I pulled myself up sharply. The deed was done now. No going back.

I released the spray head and turned the hose off at the faucet.

In the fading sunlight, it was a little hard to tell, but I thought I’d dispersed the dust pretty thoroughly.

“But not from my memory,” I said seriously. Then I had to laugh, and it sounded a little crazy. I was standing out in my backyard hosing down fairy blood and making melodramatic statements all to myself. Next I’d be doing theHamlet soliloquy that I’d had to memorize in high school.

This afternoon had brought me down hard, to a real bad place.

I bit down on my bottom lip. Now that I was definitely over the intoxication of having a living relative, I had to face the fact that Niall’s behavior was charming (mostly) but unpredictable. By his own admission, he’d inadvertently put me at great risk. Maybe I should have wondered before this what my grandfather Fintan had been like. Niall had told me he’d watched over me without ever making himself known, an image that seemed creepy but touching. Niall was creepy and touching, too. Great-uncle Dillon just seemed creepy.

The temperature was dropping with the creeping darkness, and I was shivering by the time I went in the house. The hose might freeze tonight, but I couldn’t bring myself to care. There were clothes in the dryer, and I had to eat since I’d missed eating lunch at the mall. It was getting closer to suppertime. I had to concentrate on small things.

Amelia phoned while I was folding the laundry. She told me she was about to leave work and was going to meet Tray for dinner and a movie. She asked me if I wanted to come along, but I said I was busy.
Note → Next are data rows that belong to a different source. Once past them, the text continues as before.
-- ===== src/Poller/Timer/Tests.antt =====
-- Two timers, of 10 and of 25 milliseconds, from 100 on.
use zltool_kit.Kit.{ℕ, ◌+◌, ◌≡◌, refl, [], ◌∷◌}
use zltool_kit.Poller.Delay.{emplace, insert_range, run_expired, flush_delay_task, do_delay_task}
use zltool_kit.Poller.Timer.{
  Answer, again, Timers, timer_task, call_task, run_timer, new_timer, delete_timer, flush_timers,
}
use zltool_kit.Poller.Timer.Repeats.{times, not_due, renewals, flush_timers_lem}

abbrev no_timers : Timers
no_timers = record { made = []; tasks = [] }

abbrev two_timers : Timers
two_timers = new_timer 100 25 (new_timer 100 10 no_timers)

abbrev always : ℕ → Answer
always t = again

two_timers-tasks : two_timers.tasks ≡ (110, 0) ∷ (125, 1) ∷ []
unfolding new_timer do_delay_task emplace
two_timers-tasks = refl

first-again : (flush_timers 111 always two_timers).tasks ≡ (121, 0) ∷ (125, 1) ∷ []
unfolding flush_timers flush_delay_task run_expired insert_range emplace run_timer call_task
    timer_task new_timer do_delay_task
first-again = refl

first_deleted : (flush_timers 111 always (delete_timer 0 two_timers)).tasks ≡ (125, 1) ∷ []
unfolding flush_timers flush_delay_task run_expired insert_range emplace run_timer call_task
    timer_task new_timer delete_timer do_delay_task
first_deleted = refl

flush_timers_lem_example :
    times 121 0 (flush_timers 111 always two_timers).tasks
    ≡ times 121 0 (not_due 111 two_timers.tasks)
      + times 121 0 (renewals two_timers always 111 two_timers.tasks)
flush_timers_lem_example = flush_timers_lem 111 always two_timers 121 0
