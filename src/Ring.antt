-- ===== src/Ring.antt =====
-- src/Util/RingBuffer.h: the cache of groups of frames, the readers of one poller, and the buffer that
-- serves several pollers.
pub mod Storage
pub mod Dispatcher
pub mod Hub
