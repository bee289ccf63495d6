-- ===== src/Ring/Storage.antt =====
-- `_RingStorage`: frames in groups that start with a key frame, under a limit on frames and groups.
-- A `List` of the source is a list here, its front first. A frame is a pair of its key flag and its
-- value. Sums and differences of sizes are those of `size_t`.
pub mod Laws
mod Tests
use zltool_kit.Kit.{
  ℕ, zero, suc, ◌+◌, ◌-◌, Bool, true, false, ◌&&◌, not, List, [], ◌∷◌, ◌++◌, ltb, if◌then◌else◌,
  length, drop, concat,
}
use zltool_kit.Kit.Words.{u64, sub64}

abbrev pub ring_min_size : ℕ
ring_min_size = 32

abbrev pub Gop : Type 0 → Type 0
Gop T = List (Bool × T)

pub record Storage (T : Type 0) : Type 0 where
  pub started : Bool
  pub have_idr : Bool
  pub size : ℕ
  pub max_size : ℕ
  pub max_gop_size : ℕ
  pub cache : List (Gop T)

module _ {T : Type 0} where
  unfoldable pub clear_cache : Storage T → Storage T
  clear_cache s = record s { size = 0; have_idr = false; cache = [] ∷ [] }

  -- The constructor; `_have_idr` and `_size` are first written by `clearCache`.
  unfoldable pub new_storage : ℕ → ℕ → Storage T
  new_storage max_size max_gop_size = record {
    started = false;
    have_idr = false;
    size = 0;
    max_size = if ltb max_size ring_min_size then ring_min_size else max_size;
    max_gop_size = max_gop_size;
    cache = [] ∷ [];
  }

  -- `popFrontGop` on the cache; the list is never left empty.
  abbrev pub or_fresh : List (Gop T) → List (Gop T)
  or_fresh [] = [] ∷ []
  or_fresh (g ∷ gs) = g ∷ gs

  abbrev pub pop_gop : List (Gop T) → List (Gop T)
  pop_gop [] = []
  pop_gop (g ∷ gs) = or_fresh gs

  abbrev pub front_size : List (Gop T) → ℕ
  front_size [] = 0
  front_size (g ∷ gs) = length g

  unfoldable pub pop_front_gop : Storage T → Storage T
  pop_front_gop s = record s { size = sub64 s.size (front_size s.cache); cache = pop_gop s.cache }

  -- `_data_cache.back().empty()`, and `emplace_back` on the last group.
  abbrev pub back_is_empty : List (Gop T) → Bool
  back_is_empty [] = true
  back_is_empty ([] ∷ []) = true
  back_is_empty ((x ∷ g) ∷ []) = false
  back_is_empty (g ∷ h ∷ gs) = back_is_empty (h ∷ gs)

  abbrev pub push_back : Bool × T → List (Gop T) → List (Gop T)
  push_back x [] = []
  push_back x (g ∷ []) = (g ++ x ∷ []) ∷ []
  push_back x (g ∷ h ∷ gs) = g ∷ push_back x (h ∷ gs)

  -- A key frame opens a group, and the oldest group goes if there are too many.
  unfoldable pub open_gop : Storage T → Storage T
  open_gop s =
      let opened = record s {
        have_idr = true;
        started = true;
        cache = if back_is_empty s.cache then s.cache else s.cache ++ [] ∷ [];
      } in
      if ltb s.max_gop_size (length opened.cache) then pop_front_gop opened else opened

  -- The loop over the old groups; what is left of the size, and of the cache.
  unfoldable pub drop_old : ℕ → ℕ → List (Gop T) → ℕ × List (Gop T)
  drop_old max_size size [] = (size, [])
  drop_old max_size size (g ∷ []) = (size, g ∷ [])
  drop_old max_size size (g ∷ h ∷ gs) =
      let rest = drop_old max_size (sub64 size (length g)) (h ∷ gs) in
      if ltb max_size size then rest else (size, g ∷ h ∷ gs)

  unfoldable pub trim : Storage T → Storage T
  trim s =
      let (size, cache) = drop_old s.max_size s.size s.cache in
      let dropped = record s { size = size; cache = cache } in
      if ltb s.max_size size then clear_cache dropped else dropped

  unfoldable pub append_frame : Bool × T → Storage T → Storage T
  append_frame x s =
      let grown = record s { size = u64 (s.size + 1); cache = push_back x s.cache } in
      if ltb s.max_size grown.size then trim grown else grown

  -- Without a key frame after a reset, nothing is kept.
  unfoldable pub write : T → Bool → Storage T → Storage T
  write x is_key s =
      let opened = if is_key then open_gop s else s in
      if not opened.have_idr && opened.started then opened else append_frame (is_key, x) opened

  -- `_RingReader::flushGop`: the frames that a reader of at most `max_gop_size` groups is given.
  unfoldable pub flush_gop : ℕ → Storage T → Gop T
  flush_gop max_gop_size s = concat (drop (length s.cache - max_gop_size) s.cache)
Amelia and Tray didn’t need a third wheel, and I didn’t need to feel like one.

It would have been nice to have some company. But what would I have done for social chitchat?Wow, that trowel slid into his stomach like it was Jell-O .
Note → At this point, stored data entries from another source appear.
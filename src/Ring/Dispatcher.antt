-- ===== src/Ring/Dispatcher.antt =====
-- `_RingReaderDispatcher`: the readers of one poller. A reader is its address; a dispatcher's map
-- holds weak references (in a list, since its order is not specified), and `alive` says which of
-- them can be locked. Calls of the readers and of `_on_size_changed` are notes, in their order.
pub mod Sweep
mod Tests
use zltool_kit.Kit.{
  ℕ, zero, suc, ◌+◌, Bool, true, false, List, [], ◌∷◌, ◌++◌, Option, none, some, ◌==◌,
  if◌then◌else◌,
}
use zltool_kit.Kit.Words.{add32, sub32}
use zltool_kit.Ring.Storage.{Storage, write, clear_cache}

-- `onRead`, `onMessage`, `onDetach` of a reader, and `_on_size_changed`.
pub data Note (T M : Type 0) : Type 0 where
  on_read : ℕ → T → Bool → Note T M
  on_message : ℕ → M → Note T M
  on_detach : ℕ → Note T M
  size_changed : ℕ → Bool → Note T M

pub record Dispatcher (T M : Type 0) : Type 0 where
  pub readers : List ℕ
  pub reader_size : ℕ
  pub storage : Storage T
  pub notes : List (Note T M)

-- What the loops of `write` and `sendMessage` change.
pub record Swept (T M : Type 0) : Type 0 where
  pub kept : List ℕ
  pub size : ℕ
  pub made : List (Note T M)

abbrev pub has_reader : ℕ → List ℕ → Bool
has_reader r [] = false
has_reader r (q ∷ qs) = if q == r then true else has_reader r qs

abbrev pub erase_reader : ℕ → List ℕ → List ℕ
erase_reader r [] = []
erase_reader r (q ∷ qs) = if q == r then qs else q ∷ erase_reader r qs

module _ {T M : Type 0} where
  unfoldable pub new_dispatcher : Storage T → Dispatcher T M
  new_dispatcher s = record { readers = []; reader_size = 0; storage = s; notes = [] }

  -- Their loop: a reader that is gone is erased and counted off, another one is called.
  unfoldable pub sweep : (ℕ → Bool) → (ℕ → Note T M) → ℕ → List ℕ → Swept T M
  sweep alive call size [] = record { kept = []; size = size; made = [] }
  sweep alive call size (r ∷ rs) =
      let called = sweep alive call size rs in
      let erased = sweep alive call (sub32 size 1) rs in
      if alive r
      then record called { kept = r ∷ called.kept; made = call r ∷ called.made }
      else record erased { made = size_changed (sub32 size 1) false ∷ erased.made }

  abbrev pub swept : Swept T M → Dispatcher T M → Dispatcher T M
  swept s d = record d { readers = s.kept; reader_size = s.size; notes = d.notes ++ s.made }

  unfoldable pub dispatch_write : (ℕ → Bool) → T → Bool → Dispatcher T M → Dispatcher T M
  dispatch_write alive x is_key d =
      let e = swept (sweep alive (λ r. on_read r x is_key) d.reader_size d.readers) d in
      record e { storage = write x is_key e.storage }

  unfoldable pub dispatch_message : (ℕ → Bool) → M → Dispatcher T M → Dispatcher T M
  dispatch_message alive message d =
      swept (sweep alive (λ r. on_message r message) d.reader_size d.readers) d

  -- `attach` with the address of the new reader; an address that is in the map already keeps its place.
  unfoldable pub attach : ℕ → Dispatcher T M → Dispatcher T M
  attach r d = record d {
    readers = if has_reader r d.readers then d.readers else r ∷ d.readers;
    reader_size = add32 d.reader_size 1;
    notes = d.notes ++ size_changed (add32 d.reader_size 1) true ∷ [];
  }

  -- The task that the deleter of a reader posts, while the dispatcher lives.
  unfoldable pub release : ℕ → Dispatcher T M → Dispatcher T M
  release r d =
      if has_reader r d.readers
      then record d {
        readers = erase_reader r d.readers;
        reader_size = sub32 d.reader_size 1;
        notes = d.notes ++ size_changed (sub32 d.reader_size 1) false ∷ [];
      }
      else d

  unfoldable pub dispatch_clear : Dispatcher T M → Dispatcher T M
  dispatch_clear d = if d.reader_size == 0 then record d { storage = clear_cache d.storage } else d

  -- The destructor: every reader that is there is told.
  unfoldable pub detach_all : (ℕ → Bool) → List ℕ → List (Note T M)
  detach_all alive [] = []
  detach_all alive (r ∷ rs) =
      let rest = detach_all alive rs in if alive r then on_detach r ∷ rest else rest

-- `getInfoList`; `info` is what a reader's callback returns, and `none` an empty `Any`.
unfoldable pub get_info_list :
    {I J : Type 0} → (ℕ → Bool) → (ℕ → Option I) → (I → J) → List ℕ → List J
get_info_list alive info on_change [] = []
get_info_list alive info on_change (r ∷ rs) =
    let rest = get_info_list alive info on_change rs in
    if alive r then elim (info r) [ none ↦ rest | some i ↦ on_change i ∷ rest ] else rest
I shuddered and tried to think of what to do next. An uncritical companion, that was who I needed. I missed the cat we’d called Bob (though he hadn’t been born a cat and wasn’t one now). Maybe I could get another cat a real one. It wasn’t the first time I’d considered going to the animal shelter. I’d better wait until this fairy crisis was over before I did that. There wasn’t any point in picking out a pet if I was liable to be abducted or killed at any moment, right? Wouldn’t be fair to the animal. I caught myself giggling, and I knew that couldn’t be good.

Time to stop brooding; time to get something done. First, I’d clean off the trowel and put it away. I carried it to the kitchen sink, and I scrubbed it and rinsed it. The dull iron seemed to have a new gloss on it, like a bush that had gotten watered after a drought. I held it to the light and stared at the old tool. I shook myself.

Okay, that had really been an unpleasant simile. I banished the idea and scrubbed. When I thought the trowel looked spotless, I washed it and dried it all over again. Then I walked quickly out the back door and through the dark to hang the damn thing back in the toolshed on its designated hook.

I wondered if I might not get a cheap new trowel at Wal-Mart after all. I wasn’t sure I could use the iron one the next time I wanted to move some jonquil bulbs. It would feel like using a gun to pry out nails. I hesitated, the trowel poised to hang from its designated hook. Then I made up my mind and carried it back to the house. I paused on the back steps, admiring the last streak of light for a few moments until my stomach growled.